(Saved data entries)
————————

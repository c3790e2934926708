-- ===== src/Interface/Protocol.antt =====
-- The calls and the jobs keep the counters in order.
use sigmod_programming_conte.Base.{
  ℕ, zero, suc, ◌+◌, ◌-◌, ◌≤◌, ◌≡◌, ◌⊎◌, refl, sym, ap, ◌∙◌, subst, Bool, true, false, Option, none,
  some, List, [], ◌∷◌, ◌++◌, take, drop, length, length-append, get_elem?, ltb, ◌==◌, ◌>>◌, require,
  arith, Bool-cases, inl, inr, some_inj, >>=-eq-some,
}
use sigmod_programming_conte.Core.{CString, MatchType, TokenId}
use sigmod_programming_conte.Library.{DenseMap}
use sigmod_programming_conte.Manager.Defs.{Manager, manager_add_doc_token}
use sigmod_programming_conte.Matching.Relations.{WordSat}
use sigmod_programming_conte.Queries.Index.{add_query, remove_query}
use sigmod_programming_conte.Results.Schedule.{up_from}
use sigmod_programming_conte.Results.Generate.{generate_res}
use sigmod_programming_conte.Results.Sort.{results}
use sigmod_programming_conte.Interface.Reading.{query_of, document_words}
use sigmod_programming_conte.Interface.Dedup.{Batch, in_batch, batch_word, batch_words, run_dedup}
use sigmod_programming_conte.Interface.Documents.{
  DedupJob, Documents, max_doc_length, submit_at, submit, next_document, free_spot_of, free_spot,
}
use sigmod_programming_conte.Interface.Server.{
  Document, Server, State, enter_queries, leave_queries, match_document, start_query, end_query,
  run_job_dedup, run_job_run, run_gen_res, run_generate_res, add_document,
}
use sigmod_programming_conte.Interface.Orderly.{
  IsOrderly, Frame, Frame-IsOrderly, enter_queries-IsOrderly,
}

pub none_ne_some {ℓ} : {A : Type ℓ} {x : A} → none ≡ some x → ⊥
none_ne_some h = cc

pub require-eq-some {ℓ} :
    {A : Type ℓ} (b : Bool) (k : Option A) {x : A}
    → (require b >> k) ≡ some x
    → (b ≡ true) × (k ≡ some x)
require-eq-some true k h = (refl, h)
require-eq-some false k h = absurd (none_ne_some h)

submit_at-pending :
    (empties : List ℕ) (our_id doc_id : ℕ) (doc_str : CString) (q q' : Documents)
    → submit_at empties our_id doc_id doc_str q ≡ some q'
    → length q'.pending ≡ length q.pending + 1
unfolding submit_at
submit_at-pending [] our_id doc_id doc_str q q' run = absurd (none_ne_some run)
submit_at-pending (spot ∷ rest) our_id doc_id doc_str q q' run =
    let (old, there, run1) = >>=-eq-some (get_elem? q.matchdocjs_buff spot) _ run in
    let (fits, run2) = require-eq-some (ltb (length doc_str) max_doc_length) _ run1 in
    let job : DedupJob = record { dn = our_id; doc_id = doc_id; spot = spot } in
    ap (λ (r : Documents). length r.pending) (sym (some_inj run2))
    ∙ length-append q.pending (job ∷ [])

free_spot_of-pending :
    (jobs : List DedupJob) (q q' : Documents)
    → free_spot_of jobs q ≡ some q'
    → length jobs ≡ length q'.pending + 1
unfolding free_spot_of
free_spot_of-pending [] q q' run = absurd (none_ne_some run)
free_spot_of-pending (job ∷ jobs) q q' run =
    subst (λ (r : Documents). length (job ∷ jobs) ≡ length r.pending + 1) (some_inj run)
      (omega arith)

remove_at {ℓ} :
    {A : Type ℓ} (l : List A) (i : ℕ) {x : A}
    → get_elem? l i ≡ some x
    → length l ≡ length (take i l ++ drop (i + 1) l) + 1
remove_at [] i h = absurd (none_ne_some h)
remove_at (y ∷ l) zero h = omega arith
remove_at (y ∷ l) (suc i) h =
    let e : suc i + 1 ≡ suc (i + 1) = omega arith in rw e (omega (arith, remove_at l i h))

length-up_from : (first rounds : ℕ) → length (up_from first rounds) ≡ rounds
length-up_from first zero = refl
length-up_from first (suc rounds) = omega (arith, length-up_from (first + 1) rounds)

module _ {M X R : Type 0} where
  -- A client asks for results only when all documents of the batch are in, and starts a batch only after a query came
  -- or went.
  abbrev pub MayMatch : Server M X R → Type 0
  MayMatch s = (s.matching ≡ true) ⊎ ((s.gnflag ≡ true) × (1 ≤ s.docsofbatch))

  pub match_document-IsOrderly :
      (doc_id : ℕ) (doc_str : CString) (s t : Server M X R)
      → match_document doc_id doc_str s ≡ some t
      → MayMatch s
      → IsOrderly s
      → IsOrderly t
  unfolding match_document leave_queries submit
  match_document-IsOrderly doc_id doc_str s t run may inv =
      let (documents, sub, run1) = >>=-eq-some (submit _ doc_id doc_str s.documents) _ run in
      let pending =
        submit_at-pending (s.documents.empty_spot) _ doc_id doc_str s.documents documents sub in
      subst IsOrderly (some_inj run1) (ground arith)

batch_word-globaldocs :
    {H : Type 0} (dict : DenseMap CString TokenId) (did batchno : ℕ) (w : CString)
    (st st' : Batch (Manager dict.Map H))
    → batch_word dict did batchno w st ≡ some st'
    → st'.globaldocs ≡ st.globaldocs
unfolding batch_word
batch_word-globaldocs {H} dict did batchno w st st' run =
    let (r, added, run1) =
      >>=-eq-some (manager_add_doc_token dict w (length w) did batchno st.manager) _ run in
    elim (Bool-cases (in_batch r.1)) [
      | inl known ↦
          ap (λ (b : Batch (Manager dict.Map H)). b.globaldocs) (sym (some_inj (rw known at run1)))
      | inr fresh ↦
          let (gid, e2, run2) = >>=-eq-some (r.2) _ (rw fresh at run1) in
          let (keys, e3, run3) = >>=-eq-some (get_elem? st.wordbatchv (length w - 4)) _ run2 in
          ap (λ (b : Batch (Manager dict.Map H)). b.globaldocs) (sym (some_inj run3))
    ]

batch_words-globaldocs :
    {H : Type 0} (dict : DenseMap CString TokenId) (did batchno : ℕ) (ws : List CString)
    (st st' : Batch (Manager dict.Map H))
    → batch_words dict did batchno ws st ≡ some st'
    → st'.globaldocs ≡ st.globaldocs
unfolding batch_words
batch_words-globaldocs {H} dict did batchno [] st st' run =
    ap (λ (b : Batch (Manager dict.Map H)). b.globaldocs) (sym (some_inj run))
batch_words-globaldocs {H} dict did batchno (w ∷ ws) st st' run =
    let (st1, one, rest) = >>=-eq-some (batch_word dict did batchno w st) _ run in
    batch_words-globaldocs dict did batchno ws st1 st' rest
    ∙ batch_word-globaldocs dict did batchno w st st1 one

pub run_dedup-globaldocs :
    {H : Type 0} (dict : DenseMap CString TokenId) (fuel dn batchno : ℕ) (s : CString)
    (st st' : Batch (Manager dict.Map H))
    → run_dedup dict fuel dn batchno s st ≡ some st'
    → st'.globaldocs ≡ st.globaldocs ++ (dn + 1) ∷ []
unfolding run_dedup
run_dedup-globaldocs {H} dict fuel dn batchno s st st' run =
    let (ws, words, run1) = >>=-eq-some (document_words fuel s) _ run in
    let (st1, added, run2) = >>=-eq-some (batch_words dict (dn + 1) batchno ws st) _ run1 in
    ap (λ (b : Batch (Manager dict.Map H)). b.globaldocs) (sym (some_inj run2))
    ∙ ap (λ l. l ++ (dn + 1) ∷ []) (batch_words-globaldocs dict (dn + 1) batchno ws st st1 added)

module _ (H : Type 0) (dict : DenseMap CString TokenId) (qids : DenseMap ℕ ℕ)
    (tables : DenseMap ℕ (List WordSat)) where
  pub start_query-IsOrderly :
      (query_id : ℕ) (str : CString) (mt : MatchType) (dist : ℕ) (s t : State H dict qids tables)
      → start_query H dict qids tables query_id str mt dist s ≡ some t
      → IsOrderly s
      → IsOrderly t × (t.docsofbatch ≡ 0)
  unfolding start_query
  start_query-IsOrderly query_id str mt dist s t run inv =
      let (s1, entered, run1) = >>=-eq-some (enter_queries s) _ run in
      let (q, read, run2) = >>=-eq-some (query_of query_id str mt dist) _ run1 in
      let (r, added, run3) =
        >>=-eq-some (add_query dict qids q s1.batchno s1.indexx s1.globalmanager) _ run2 in
      let (inv1, now) = enter_queries-IsOrderly s s1 entered inv in
      let frame : Frame s1 t = ground arith in
      (Frame-IsOrderly s1 t frame inv1, frame.docsofbatch ∙ (inv1.entered now).0)

  pub end_query-IsOrderly :
      (query_id : ℕ) (s t : State H dict qids tables)
      → end_query H dict qids tables query_id s ≡ some t
      → IsOrderly s
      → IsOrderly t × (t.docsofbatch ≡ 0)
  unfolding end_query
  end_query-IsOrderly query_id s t run inv =
      let (s1, entered, run1) = >>=-eq-some (enter_queries s) _ run in
      let (r, removed, run2) =
        >>=-eq-some (remove_query dict qids query_id s1.indexx s1.globalmanager) _ run1 in
      let (inv1, now) = enter_queries-IsOrderly s s1 entered inv in
      let frame : Frame s1 t = ground arith in
      (Frame-IsOrderly s1 t frame inv1, frame.docsofbatch ∙ (inv1.entered now).0)

  pub run_gen_res-IsOrderly :
      (start finish length_ : ℕ) (s t : State H dict qids tables)
      → run_gen_res H dict qids tables start finish length_ s ≡ some t
      → IsOrderly s
      → IsOrderly t
  unfolding run_gen_res
  run_gen_res-IsOrderly start finish length_ s t run inv =
      let (b, e, run1) = >>=-eq-some s.bits _ run in
      let (b', marked, run2) =
        >>=-eq-some
          (generate_res dict tables s.globalmanager s.rel s.wordbatchv start finish length_ b) _
          run1 in
      let frame : Frame s t = ground arith in Frame-IsOrderly s t frame inv

  pub run_job_dedup-IsOrderly :
      (fuel : ℕ) (s t : State H dict qids tables)
      → run_job_dedup H dict qids tables fuel s ≡ some t
      → IsOrderly s
      → IsOrderly t
  unfolding run_job_dedup free_spot
  run_job_dedup-IsOrderly fuel s t run inv =
      let (next, e, run1) = >>=-eq-some (next_document s.documents) _ run in
      let batch : Batch (Manager dict.Map H) = record {
        manager = s.globalmanager;
        wordbatchv = s.wordbatchv;
        globaldocs = s.globaldocs;
      } in
      let (b, dedup, run2) =
        >>=-eq-some (run_dedup dict fuel (next.0).dn s.batchno next.1 batch) _ run1 in
      let (documents, freed, run3) = >>=-eq-some (free_spot s.documents) _ run2 in
      let more : length b.globaldocs ≡ length s.globaldocs + 1 =
        ap length (run_dedup-globaldocs dict fuel (next.0).dn s.batchno next.1 batch b dedup)
        ∙ length-append s.globaldocs (((next.0).dn + 1) ∷ []) in
      let fewer = free_spot_of-pending (s.documents).pending s.documents documents freed in
      subst IsOrderly (some_inj run3) (ground arith)

  pub run_job_run-IsOrderly :
      (s t : State H dict qids tables)
      → run_job_run H dict qids tables s ≡ some t
      → IsOrderly s
      → IsOrderly t
  unfolding run_job_run
  run_job_run-IsOrderly s t run inv =
      let (none_pending, run1) = require-eq-some (length (s.documents).pending == 0) _ run in
      let (one, run2) = require-eq-some (ltb 0 s.job_runs) _ run1 in
      let n = length s.globaldocs in
      let size = length-append s.gen_jobs (up_from 0 n) in
      let size' = length-up_from 0 n in subst IsOrderly (some_inj run2) (ground arith)

  pub run_generate_res-IsOrderly :
      (i : ℕ) (s t : State H dict qids tables)
      → run_generate_res H dict qids tables i s ≡ some t
      → IsOrderly s
      → IsOrderly t
  unfolding run_generate_res add_document
  run_generate_res-IsOrderly i s t run inv =
      let (document, here, run1) = >>=-eq-some (get_elem? s.gen_jobs i) _ run in
      let (did, e1, run2) = >>=-eq-some (get_elem? s.globaldocs document) _ run1 in
      let (b, e2, run3) = >>=-eq-some s.bits _ run2 in
      let (ids, e3, run4) = >>=-eq-some (results (s.indexx).vault b did) _ run3 in
      let fewer = remove_at s.gen_jobs i here in
      let new : Document = record { doc_id = did; num_res = length ids; query_ids = ids } in
      let more = length-append s.docs (new ∷ []) in subst IsOrderly (some_inj run4) (ground arith)
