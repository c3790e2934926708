-- ===== src/Interface/Naming.antt =====
-- The calls and the jobs keep the numbers of the documents.
use sigmod_programming_conte.Base.{
  ◌>>◌, require, ℕ, ◌-◌, ◌≡◌, refl, sym, ap, ◌∙◌, subst, Bool, true, false, some, List, [], ◌∷◌,
  ◌++◌, length, get_elem?, ltb, if◌then◌else◌, arith, All, Bool-cases, inl, inr, some_inj,
  >>=-eq-some,
}
use sigmod_programming_conte.Core.{CString}
use sigmod_programming_conte.Interface.Documents.{
  DedupJob, Documents, max_doc_length, submit_at, submit, read_document, free_spot_of,
}
use sigmod_programming_conte.Interface.Server.{
  Document, push_id, Server, enter_queries, leave_queries, match_document,
}
use sigmod_programming_conte.Interface.Orderly.{IsOrderly}
use sigmod_programming_conte.Interface.Protocol.{MayMatch, none_ne_some, require-eq-some}
use sigmod_programming_conte.Interface.Named.{
  IsScheduled, UpTo, IsNamed, push_id-get_elem?, weaken, All-snoc,
}

submit_at-job :
    (empties : List ℕ) (our_id doc_id : ℕ) (doc_str : CString) (q q' : Documents)
    → submit_at empties our_id doc_id doc_str q ≡ some q'
    → (job : DedupJob) × (q'.pending ≡ q.pending ++ job ∷ [])
      × (job.dn ≡ our_id)
      × (job.doc_id ≡ doc_id)
unfolding submit_at
submit_at-job [] our_id doc_id doc_str q q' run = absurd (none_ne_some run)
submit_at-job (spot ∷ rest) our_id doc_id doc_str q q' run =
    let (old, there, run1) = >>=-eq-some (get_elem? q.matchdocjs_buff spot) _ run in
    let (fits, run2) = require-eq-some (ltb (length doc_str) max_doc_length) _ run1 in
    (
      record { dn = our_id; doc_id = doc_id; spot = spot },
      ap (λ (r : Documents). r.pending) (sym (some_inj run2)),
      refl,
      refl,
    )

-- The job that is next, and the jobs after it.
pub free_spot_of-next :
    (jobs : List DedupJob) (q q' : Documents) (next : DedupJob × CString)
    → read_document jobs q ≡ some next
    → free_spot_of jobs q ≡ some q'
    → jobs ≡ next.0 ∷ q'.pending
unfolding free_spot_of read_document
free_spot_of-next [] q q' next run freed = absurd (none_ne_some run)
free_spot_of-next (job ∷ jobs) q q' next run freed =
    let (text, there, run1) = >>=-eq-some (get_elem? q.matchdocjs_buff job.spot) _ run in
    ap (λ (p : DedupJob × CString). p.0 ∷ jobs) (some_inj run1)
    ∙ ap (λ (r : Documents). next.0 ∷ r.pending) (some_inj freed)

module _ {M X R : Type 0} where
  pub enter_queries-IsNamed :
      (s t : Server M X R) → enter_queries s ≡ some t → IsNamed s → IsNamed t
  unfolding enter_queries
  enter_queries-IsNamed s t run inv = of_test s.matching run
    where
      of_test :
          (b : Bool)
          → (if b
              then some s
              else (require (ltb 0 s.batch_end)
                  >> some (record s { batch_end = s.batch_end - 1; matching = true })))
            ≡ some t
          → IsNamed t
      of_test true run = subst IsNamed (some_inj run) inv
      of_test false run =
          let (some_end, run1) = require-eq-some (ltb 0 s.batch_end) _ run in
          subst IsNamed (some_inj run1) (record {
            long = inv.long;
            next = λ h. absurd (cc h);
            over = inv.over;
            scheduled = inv.scheduled;
            read = inv.read;
            done = inv.done;
          })

  -- The number of the next document is that of the ids in `docids`.
  next_number :
      (s : Server M X R)
      → MayMatch s
      → IsOrderly s
      → IsNamed s
      → (leave_queries s).our_id ≡ s.docids.size
  unfolding leave_queries
  next_number s may order inv = elim (Bool-cases s.matching) [
    | inl e ↦ rw e (sym (inv.over (order.entered e).0))
    | inr e ↦ rw e (of_may may e)
  ]
    where
      of_may : MayMatch s → s.matching ≡ false → s.our_id ≡ s.docids.size
      of_may (inl h) e = absurd (ground arith)
      of_may (inr h) e = inv.next e h.1

  pub match_document-IsNamed :
      (doc_id : ℕ) (doc_str : CString) (s t : Server M X R)
      → match_document doc_id doc_str s ≡ some t
      → MayMatch s
      → IsOrderly s
      → IsNamed s
      → IsNamed t
  unfolding match_document leave_queries submit
  match_document-IsNamed doc_id doc_str s t run may order inv =
      let (documents, sub, run1) =
        >>=-eq-some (submit (leave_queries s).our_id doc_id doc_str s.documents) _ run in
      let (job, pending, number, id) =
        submit_at-job (s.documents.empty_spot) (leave_queries s).our_id doc_id doc_str s.documents
          documents sub in
      let (size, long, longer, there, others) = push_id-get_elem? doc_id s.docids inv.long in
      let ids = push_id doc_id s.docids in
      let at = next_number s may order inv in
      subst IsNamed (some_inj run1) (record {
        long = omega (arith, size, long);
        next = λ e some_docs. omega (arith, size, at);
        over = λ none_left. absurd (omega arith);
        scheduled = subst (All (IsScheduled ids)) (sym pending) (
            All-snoc (IsScheduled ids) s.documents.pending job
              (weaken (IsScheduled s.docids) (IsScheduled ids) s.documents.pending
                (λ j h. (omega (arith, size, h.0), others j.dn h.0 ∙ h.1)) inv.scheduled)
              (
                omega (arith, size, number, at),
                ap (get_elem? ids.storage) (number ∙ at) ∙ there ∙ ap some (sym id),
              ));
        read =
            weaken (UpTo s.docids.size) (UpTo ids.size) s.globaldocs
              (λ d h. (h.0, omega (arith, h.1, size))) inv.read;
        done =
            weaken (λ (d : Document). UpTo (length s.docids.storage) d.doc_id)
              (λ (d : Document). UpTo (length ids.storage) d.doc_id) s.docs
              (λ d h. (h.0, omega (arith, h.1, longer))) inv.done;
      })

————————

*Task*.
State how many lines of the records above contain the word "then", and give only that number.

*Completed task*.
2